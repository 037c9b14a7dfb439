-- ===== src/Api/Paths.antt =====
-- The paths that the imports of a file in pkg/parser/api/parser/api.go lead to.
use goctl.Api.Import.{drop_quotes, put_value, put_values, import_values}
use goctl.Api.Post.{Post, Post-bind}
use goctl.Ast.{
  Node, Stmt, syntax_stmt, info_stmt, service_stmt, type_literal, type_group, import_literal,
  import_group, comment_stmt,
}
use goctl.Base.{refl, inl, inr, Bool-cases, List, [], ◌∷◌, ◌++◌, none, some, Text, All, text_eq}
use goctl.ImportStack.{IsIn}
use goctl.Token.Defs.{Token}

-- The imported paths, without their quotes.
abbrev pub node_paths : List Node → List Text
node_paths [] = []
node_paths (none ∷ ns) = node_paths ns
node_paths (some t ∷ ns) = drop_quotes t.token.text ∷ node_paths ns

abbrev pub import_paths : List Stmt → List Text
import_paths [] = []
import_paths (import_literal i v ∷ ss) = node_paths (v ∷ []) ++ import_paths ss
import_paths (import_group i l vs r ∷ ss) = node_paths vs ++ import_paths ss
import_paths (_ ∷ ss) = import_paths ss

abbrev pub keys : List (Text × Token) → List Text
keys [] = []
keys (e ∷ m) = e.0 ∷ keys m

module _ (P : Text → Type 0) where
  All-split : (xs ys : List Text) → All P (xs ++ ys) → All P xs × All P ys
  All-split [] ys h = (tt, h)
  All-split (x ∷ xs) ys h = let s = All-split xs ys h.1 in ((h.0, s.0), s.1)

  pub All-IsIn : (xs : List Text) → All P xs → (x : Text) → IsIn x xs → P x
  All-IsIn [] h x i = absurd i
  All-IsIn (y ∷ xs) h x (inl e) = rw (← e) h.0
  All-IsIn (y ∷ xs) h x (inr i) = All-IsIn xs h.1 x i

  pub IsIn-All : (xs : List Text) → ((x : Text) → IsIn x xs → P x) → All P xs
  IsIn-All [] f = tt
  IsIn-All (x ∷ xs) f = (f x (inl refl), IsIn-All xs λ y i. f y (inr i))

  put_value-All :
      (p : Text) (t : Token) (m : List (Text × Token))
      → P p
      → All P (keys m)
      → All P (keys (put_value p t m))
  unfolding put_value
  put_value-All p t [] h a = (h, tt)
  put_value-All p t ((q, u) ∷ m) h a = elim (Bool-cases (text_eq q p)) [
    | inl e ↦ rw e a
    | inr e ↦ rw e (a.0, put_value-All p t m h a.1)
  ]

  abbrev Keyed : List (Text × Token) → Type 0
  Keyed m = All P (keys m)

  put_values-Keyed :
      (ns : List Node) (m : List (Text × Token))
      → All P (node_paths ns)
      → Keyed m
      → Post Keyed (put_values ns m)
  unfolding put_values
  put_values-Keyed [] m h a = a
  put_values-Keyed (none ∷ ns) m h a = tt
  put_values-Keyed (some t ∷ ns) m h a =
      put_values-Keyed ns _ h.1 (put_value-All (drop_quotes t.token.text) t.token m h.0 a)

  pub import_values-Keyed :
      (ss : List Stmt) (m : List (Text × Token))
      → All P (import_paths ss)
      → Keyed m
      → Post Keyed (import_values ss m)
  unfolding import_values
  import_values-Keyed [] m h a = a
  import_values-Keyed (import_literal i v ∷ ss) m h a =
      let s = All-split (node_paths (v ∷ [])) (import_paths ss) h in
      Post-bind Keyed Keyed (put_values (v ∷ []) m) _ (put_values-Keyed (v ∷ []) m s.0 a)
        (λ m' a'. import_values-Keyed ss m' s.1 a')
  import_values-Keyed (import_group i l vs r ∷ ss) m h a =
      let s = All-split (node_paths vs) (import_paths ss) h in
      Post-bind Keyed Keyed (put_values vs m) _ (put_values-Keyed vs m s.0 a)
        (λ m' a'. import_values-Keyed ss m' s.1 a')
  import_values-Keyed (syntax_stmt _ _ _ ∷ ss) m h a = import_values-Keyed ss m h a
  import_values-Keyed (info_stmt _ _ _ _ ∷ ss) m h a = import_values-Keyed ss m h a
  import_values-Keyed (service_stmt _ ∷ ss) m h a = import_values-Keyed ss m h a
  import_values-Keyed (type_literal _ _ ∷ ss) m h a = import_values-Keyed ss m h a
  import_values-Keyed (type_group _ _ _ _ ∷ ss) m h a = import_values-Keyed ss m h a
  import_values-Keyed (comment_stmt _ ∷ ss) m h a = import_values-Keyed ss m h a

==

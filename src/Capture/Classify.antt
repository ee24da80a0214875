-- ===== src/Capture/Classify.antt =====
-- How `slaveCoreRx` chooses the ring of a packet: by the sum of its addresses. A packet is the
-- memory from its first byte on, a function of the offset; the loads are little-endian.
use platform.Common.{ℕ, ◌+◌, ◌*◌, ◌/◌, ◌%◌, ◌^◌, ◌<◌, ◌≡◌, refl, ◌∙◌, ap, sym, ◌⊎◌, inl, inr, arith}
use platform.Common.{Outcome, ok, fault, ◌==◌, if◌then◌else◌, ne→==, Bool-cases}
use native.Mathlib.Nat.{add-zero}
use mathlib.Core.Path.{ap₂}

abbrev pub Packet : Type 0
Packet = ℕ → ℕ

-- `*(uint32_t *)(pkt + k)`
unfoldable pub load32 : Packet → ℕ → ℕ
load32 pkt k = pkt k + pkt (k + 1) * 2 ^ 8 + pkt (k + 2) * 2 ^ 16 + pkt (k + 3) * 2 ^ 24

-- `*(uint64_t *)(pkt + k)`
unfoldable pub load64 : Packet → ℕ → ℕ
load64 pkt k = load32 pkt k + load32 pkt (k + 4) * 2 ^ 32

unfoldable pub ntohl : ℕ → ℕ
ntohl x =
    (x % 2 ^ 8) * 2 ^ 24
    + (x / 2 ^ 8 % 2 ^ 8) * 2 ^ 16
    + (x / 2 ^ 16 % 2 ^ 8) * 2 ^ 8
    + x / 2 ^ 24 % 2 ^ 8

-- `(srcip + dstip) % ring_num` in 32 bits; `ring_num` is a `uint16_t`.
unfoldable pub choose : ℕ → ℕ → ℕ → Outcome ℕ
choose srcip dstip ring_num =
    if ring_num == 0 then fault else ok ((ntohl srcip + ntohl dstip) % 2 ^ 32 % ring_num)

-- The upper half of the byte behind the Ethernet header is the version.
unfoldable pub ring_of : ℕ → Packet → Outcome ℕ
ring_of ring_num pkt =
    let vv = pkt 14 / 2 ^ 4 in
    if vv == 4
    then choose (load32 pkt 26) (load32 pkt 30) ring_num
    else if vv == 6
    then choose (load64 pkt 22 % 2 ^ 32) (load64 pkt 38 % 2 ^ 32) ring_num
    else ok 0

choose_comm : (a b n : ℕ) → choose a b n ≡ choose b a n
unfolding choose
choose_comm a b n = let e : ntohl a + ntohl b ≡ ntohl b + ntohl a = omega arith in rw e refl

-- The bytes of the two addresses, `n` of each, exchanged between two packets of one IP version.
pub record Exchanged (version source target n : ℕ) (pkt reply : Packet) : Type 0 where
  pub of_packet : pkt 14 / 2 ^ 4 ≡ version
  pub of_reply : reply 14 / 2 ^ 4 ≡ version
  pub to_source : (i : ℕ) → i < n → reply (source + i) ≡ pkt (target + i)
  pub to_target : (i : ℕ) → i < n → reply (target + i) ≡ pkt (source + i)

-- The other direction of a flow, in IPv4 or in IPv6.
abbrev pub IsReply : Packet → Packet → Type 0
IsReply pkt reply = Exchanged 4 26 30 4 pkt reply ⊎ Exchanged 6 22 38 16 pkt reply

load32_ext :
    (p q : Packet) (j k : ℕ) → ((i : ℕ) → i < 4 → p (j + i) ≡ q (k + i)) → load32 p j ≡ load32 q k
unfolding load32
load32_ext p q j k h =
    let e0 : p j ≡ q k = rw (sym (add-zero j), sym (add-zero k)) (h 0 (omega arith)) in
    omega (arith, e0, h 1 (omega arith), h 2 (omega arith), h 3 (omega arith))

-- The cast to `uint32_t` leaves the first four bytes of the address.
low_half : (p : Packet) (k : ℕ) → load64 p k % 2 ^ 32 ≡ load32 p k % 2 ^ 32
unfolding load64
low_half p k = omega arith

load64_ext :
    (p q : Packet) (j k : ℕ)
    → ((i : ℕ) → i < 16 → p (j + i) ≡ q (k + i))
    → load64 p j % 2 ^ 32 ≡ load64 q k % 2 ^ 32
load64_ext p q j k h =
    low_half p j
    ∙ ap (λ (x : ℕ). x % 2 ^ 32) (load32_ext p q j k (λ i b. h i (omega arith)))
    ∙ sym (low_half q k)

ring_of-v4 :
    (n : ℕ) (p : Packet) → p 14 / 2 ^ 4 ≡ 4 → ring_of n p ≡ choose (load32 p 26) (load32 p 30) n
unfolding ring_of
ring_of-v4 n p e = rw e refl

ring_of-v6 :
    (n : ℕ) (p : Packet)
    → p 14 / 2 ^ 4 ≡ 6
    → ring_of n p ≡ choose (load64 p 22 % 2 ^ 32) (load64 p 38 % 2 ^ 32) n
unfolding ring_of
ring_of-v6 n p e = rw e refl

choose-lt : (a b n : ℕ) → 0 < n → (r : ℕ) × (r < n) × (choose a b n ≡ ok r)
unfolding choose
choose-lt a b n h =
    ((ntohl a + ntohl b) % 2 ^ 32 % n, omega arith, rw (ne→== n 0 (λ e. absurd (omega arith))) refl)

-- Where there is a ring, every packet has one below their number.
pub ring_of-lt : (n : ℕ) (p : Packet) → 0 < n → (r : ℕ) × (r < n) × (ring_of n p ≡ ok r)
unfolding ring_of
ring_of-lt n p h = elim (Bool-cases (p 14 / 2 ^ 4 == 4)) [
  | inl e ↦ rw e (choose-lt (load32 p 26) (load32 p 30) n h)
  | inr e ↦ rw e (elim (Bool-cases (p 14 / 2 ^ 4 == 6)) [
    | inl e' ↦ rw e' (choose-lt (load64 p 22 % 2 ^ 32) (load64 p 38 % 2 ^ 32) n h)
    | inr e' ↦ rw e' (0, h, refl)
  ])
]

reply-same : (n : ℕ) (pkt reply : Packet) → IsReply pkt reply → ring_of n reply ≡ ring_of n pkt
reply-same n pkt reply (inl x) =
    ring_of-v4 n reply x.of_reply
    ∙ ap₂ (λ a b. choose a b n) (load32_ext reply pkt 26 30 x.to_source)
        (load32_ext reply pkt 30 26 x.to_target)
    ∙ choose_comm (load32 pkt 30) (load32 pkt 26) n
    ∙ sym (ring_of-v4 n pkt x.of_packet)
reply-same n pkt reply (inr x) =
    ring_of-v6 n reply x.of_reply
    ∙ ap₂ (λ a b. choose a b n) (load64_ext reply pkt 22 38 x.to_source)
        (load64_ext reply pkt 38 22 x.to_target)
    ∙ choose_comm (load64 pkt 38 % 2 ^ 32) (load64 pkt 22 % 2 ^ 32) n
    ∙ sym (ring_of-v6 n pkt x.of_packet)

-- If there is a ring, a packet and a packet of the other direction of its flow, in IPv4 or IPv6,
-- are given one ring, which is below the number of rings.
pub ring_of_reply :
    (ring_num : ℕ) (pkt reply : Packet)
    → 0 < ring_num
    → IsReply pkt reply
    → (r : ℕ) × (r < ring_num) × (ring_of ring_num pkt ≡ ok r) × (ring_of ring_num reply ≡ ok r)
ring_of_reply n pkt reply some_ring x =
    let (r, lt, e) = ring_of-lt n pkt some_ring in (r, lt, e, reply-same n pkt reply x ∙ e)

- What you will do: Both end lines included, restate word for word the lines above from the line with "inl e ↦ rw e a" to the line with "import_values-Keyed (comment_stmt _", and nothing else.

- Your solution:
    | inl e ↦ rw e a
    | inr e ↦ rw e (a.0, put_value-All p t m h a.1)
  ]

  abbrev Keyed : List (Text × Token) → Type 0
  Keyed m = All P (keys m)

  put_values-Keyed :
      (ns : List Node) (m : List (Text × Token))
      → All P (node_paths ns)
      → Keyed m
      → Post Keyed (put_values ns m)
  unfolding put_values
  put_values-Keyed [] m h a = a
  put_values-Keyed (none ∷ ns) m h a = tt
  put_values-Keyed (some t ∷ ns) m h a =
      put_values-Keyed ns _ h.1 (put_value-All (drop_quotes t.token.text) t.token m h.0 a)

  pub import_values-Keyed :
      (ss : List Stmt) (m : List (Text × Token))
      → All P (import_paths ss)
      → Keyed m
      → Post Keyed (import_values ss m)
  unfolding import_values
  import_values-Keyed [] m h a = a
  import_values-Keyed (import_literal i v ∷ ss) m h a =
      let s = All-split (node_paths (v ∷ [])) (import_paths ss) h in
      Post-bind Keyed Keyed (put_values (v ∷ []) m) _ (put_values-Keyed (v ∷ []) m s.0 a)
        (λ m' a'. import_values-Keyed ss m' s.1 a')
  import_values-Keyed (import_group i l vs r ∷ ss) m h a =
      let s = All-split (node_paths vs) (import_paths ss) h in
      Post-bind Keyed Keyed (put_values vs m) _ (put_values-Keyed vs m s.0 a)
        (λ m' a'. import_values-Keyed ss m' s.1 a')
  import_values-Keyed (syntax_stmt _ _ _ ∷ ss) m h a = import_values-Keyed ss m h a
  import_values-Keyed (info_stmt _ _ _ _ ∷ ss) m h a = import_values-Keyed ss m h a
  import_values-Keyed (service_stmt _ ∷ ss) m h a = import_values-Keyed ss m h a
  import_values-Keyed (type_literal _ _ ∷ ss) m h a = import_values-Keyed ss m h a
  import_values-Keyed (type_group _ _ _ _ ∷ ss) m h a = import_values-Keyed ss m h a
  import_values-Keyed (comment_stmt _ ∷ ss) m h a = import_values-Keyed ss m h a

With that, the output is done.